YOUR TASK | For each line below, check whether "Memory" is present. Report how many lines have it, nothing else.

GIVEN ENTRIES START

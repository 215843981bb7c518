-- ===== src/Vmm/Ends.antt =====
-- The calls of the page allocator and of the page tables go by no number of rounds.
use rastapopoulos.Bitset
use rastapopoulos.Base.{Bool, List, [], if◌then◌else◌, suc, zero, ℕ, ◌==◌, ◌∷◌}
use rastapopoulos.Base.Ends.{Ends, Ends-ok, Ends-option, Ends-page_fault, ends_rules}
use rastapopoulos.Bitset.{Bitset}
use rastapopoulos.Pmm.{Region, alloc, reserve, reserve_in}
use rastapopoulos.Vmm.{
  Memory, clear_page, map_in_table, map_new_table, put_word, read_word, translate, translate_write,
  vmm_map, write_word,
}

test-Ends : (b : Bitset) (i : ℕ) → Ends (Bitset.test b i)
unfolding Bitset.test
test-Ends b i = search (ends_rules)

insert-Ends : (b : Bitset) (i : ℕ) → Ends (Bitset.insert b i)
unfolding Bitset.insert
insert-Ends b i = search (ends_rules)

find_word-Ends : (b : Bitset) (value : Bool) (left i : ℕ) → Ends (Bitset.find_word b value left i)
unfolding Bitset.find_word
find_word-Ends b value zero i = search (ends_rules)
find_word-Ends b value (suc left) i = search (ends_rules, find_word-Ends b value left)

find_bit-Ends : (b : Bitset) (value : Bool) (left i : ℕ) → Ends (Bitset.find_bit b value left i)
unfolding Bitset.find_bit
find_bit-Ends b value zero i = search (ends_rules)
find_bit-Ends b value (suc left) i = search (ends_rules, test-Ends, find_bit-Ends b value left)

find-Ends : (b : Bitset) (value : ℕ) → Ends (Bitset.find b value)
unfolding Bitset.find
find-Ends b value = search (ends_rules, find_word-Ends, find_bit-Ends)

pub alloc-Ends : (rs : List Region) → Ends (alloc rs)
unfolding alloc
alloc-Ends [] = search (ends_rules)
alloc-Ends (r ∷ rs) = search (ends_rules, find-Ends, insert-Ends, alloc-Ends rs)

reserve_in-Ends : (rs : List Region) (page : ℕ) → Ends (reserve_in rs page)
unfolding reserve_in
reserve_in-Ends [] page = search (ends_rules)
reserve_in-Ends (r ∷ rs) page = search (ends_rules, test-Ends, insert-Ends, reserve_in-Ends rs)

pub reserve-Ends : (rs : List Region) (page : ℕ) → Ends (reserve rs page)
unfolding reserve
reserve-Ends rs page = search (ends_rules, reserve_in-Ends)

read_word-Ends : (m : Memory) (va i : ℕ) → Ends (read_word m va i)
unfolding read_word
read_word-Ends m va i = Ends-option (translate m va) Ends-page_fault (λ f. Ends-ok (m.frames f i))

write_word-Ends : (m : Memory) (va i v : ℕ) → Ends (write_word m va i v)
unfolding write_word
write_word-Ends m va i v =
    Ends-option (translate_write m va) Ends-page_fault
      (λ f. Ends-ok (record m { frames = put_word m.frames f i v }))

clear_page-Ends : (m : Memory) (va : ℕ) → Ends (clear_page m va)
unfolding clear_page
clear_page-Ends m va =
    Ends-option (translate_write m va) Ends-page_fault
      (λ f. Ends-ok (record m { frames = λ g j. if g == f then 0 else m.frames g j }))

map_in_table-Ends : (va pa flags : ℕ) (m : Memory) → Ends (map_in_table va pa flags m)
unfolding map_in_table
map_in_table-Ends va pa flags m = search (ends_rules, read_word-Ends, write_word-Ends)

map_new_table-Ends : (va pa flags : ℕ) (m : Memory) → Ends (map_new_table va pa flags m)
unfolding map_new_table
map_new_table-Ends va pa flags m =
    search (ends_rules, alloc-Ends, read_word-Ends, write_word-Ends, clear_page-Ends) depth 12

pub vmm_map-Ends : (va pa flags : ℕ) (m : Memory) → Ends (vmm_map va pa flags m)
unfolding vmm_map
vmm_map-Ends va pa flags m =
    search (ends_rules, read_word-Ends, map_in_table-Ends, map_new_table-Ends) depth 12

GIVEN ENTRIES END

ANSWER AREA | 7